Toward that end, the National Partnership is now working with Rep. Rosa DeLauro to draft a paid family and medical leave bill that is based on expanding the principles behind Social Security into a national system that provides paid time off to workers caring for a sick family member or new baby.

Realists may take note of the fiscal cliff and other paralysis-inducing arguments now consuming Washington and point to the fact that, as yet, there’s no obvious Republican sponsor for such a bill. But if there won’t necessarily be immediate movement on paid family and medical leave in Washington, there will undoubtedly be some in the states.

In January, the Washington state legislature will be considering a bill that would expand the parental leave legislation that passed in 2007 but was never funded. The new law would cover illnesses as well as the birth or adoption of a baby. And, because it also creates a funding mechanism, advocates are hopeful that, this time, it will actually go into effect.

Meanwhile, in New York, a coalition of public health, labor, and women’s groups is launching its own campaign to get family and medical leave insurance passed. In part because New York already has a state-wide disability insurance system in place (the kind that Washington lacked), optimism is running high.

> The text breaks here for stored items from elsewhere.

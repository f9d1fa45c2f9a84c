-- ===== src/Queue/Waiting.antt =====
-- The loops that wait: the states they find and what ends them.
use ohmylib.Prelude.{ℕ, ◌≡◌, ◌≢◌, ◌⊎◌, inl, inr, refl, arith, Bool, true, ◌&&◌, ◌==◌}
use ohmylib.Prelude.{List, [], ◌∷◌, Disjoint, ◌*◌}
use ohmylib.Prelude.{Bool-cases}
use ohmylib.Queue.State.{Queue, Shared}
use ohmylib.Queue.Deadline.{Timespec}
use ohmylib.Queue.Transfer.{Wake, Condition, wait_loop}
use ohmylib.Queue.Layout.{IsValid}

-- What the other threads leave, each time that the thread takes the lock again, satisfies `P`.
abbrev pub AllLeave : (Shared → Type 0) → List Wake → Type 0
AllLeave P [] = Unit
AllLeave P (w ∷ ws) = P w.shared × AllLeave P ws

abbrev pub Sendable : Shared → Type 0
Sendable s = IsValid s.queue

-- The receiver's buffer lies outside the queue's.
abbrev pub Receivable : ℕ → Shared → Type 0
Receivable p s =
    IsValid s.queue × Disjoint p s.queue.size s.queue.p_head (s.queue.nmemb * s.queue.size)

-- One of the waits ends by a result other than 0, as a timed-out one does.
abbrev pub EndsWaiting : List Wake → Type 0
EndsWaiting [] = ⊥
EndsWaiting (w ∷ ws) = (w.ret ≢ 0) ⊎ EndsWaiting ws

-- A state that the thread found on entry or on a return from the wait.
abbrev pub IsSeen : Shared → List Wake → Shared → Type 0
IsSeen s [] t = t ≡ s
IsSeen s (w ∷ ws) t = (t ≡ s) ⊎ IsSeen w.shared ws t

module _ (busy : Queue → Bool) (c : Condition) (ts : Timespec) where
  pub wait_loop_keeps :
      (P : Shared → Type 0) (ws : List Wake) (s : Shared) (ret : ℕ)
      → AllLeave P ws
      → P s
      → P (wait_loop busy c ts ws s ret).shared
  unfolding wait_loop
  wait_loop_keeps P [] s ret a v = v
  wait_loop_keeps P (w ∷ ws) s ret a v = elim (Bool-cases (busy s.queue && ret == 0)) [
    | inl e ↦ rw e (wait_loop_keeps P ws w.shared w.ret a.1 a.0)
    | inr e ↦ rw e v
  ]

  pub wait_loop-IsSeen :
      (ws : List Wake) (s : Shared) (ret : ℕ) → IsSeen s ws (wait_loop busy c ts ws s ret).shared
  unfolding wait_loop
  wait_loop-IsSeen [] s ret = refl
  wait_loop-IsSeen (w ∷ ws) s ret = elim (Bool-cases (busy s.queue && ret == 0)) [
    | inl e ↦ rw e (inr (wait_loop-IsSeen ws w.shared w.ret))
    | inr e ↦ rw e (inl refl)
  ]

  later :
      (w : Wake) (ws : List Wake) (s : Shared) (ret : ℕ)
      → (ret ≢ 0) ⊎ EndsWaiting (w ∷ ws)
      → (busy s.queue && ret == 0) ≡ true
      → EndsWaiting (w ∷ ws)
  later w ws s ret (inl ne) e = absurd (ne (ground arith))
  later w ws s ret (inr r) e = r

  pub wait_loop_finishes :
      (ws : List Wake) (s : Shared) (ret : ℕ)
      → (ret ≢ 0) ⊎ EndsWaiting ws
      → (wait_loop busy c ts ws s ret).finished ≡ true
  unfolding wait_loop
  wait_loop_finishes [] s ret (inl h) = ground arith
  wait_loop_finishes [] s ret (inr h) = absurd h
  wait_loop_finishes (w ∷ ws) s ret h = elim (Bool-cases (busy s.queue && ret == 0)) [
    | inl e ↦ rw e (wait_loop_finishes ws w.shared w.ret (later w ws s ret h e))
    | inr e ↦ rw e
  ]

pub IsSeen-first : (s : Shared) (ws : List Wake) → IsSeen s ws s
IsSeen-first s [] = refl
IsSeen-first s (w ∷ ws) = inl refl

“This is the right moment for a program that will help working families,” says Sherry Leiwant, co-president and co-founder of A Better Balance, one of the organizations spearheading New York’s push. “We are hopeful that the governor and state legislature will agree.”

If they do, the state may soon join New Jersey and California in providing paid time off to workers who have new babies or sick relatives – and hopefully leading the entire country out of the family-policy dark ages.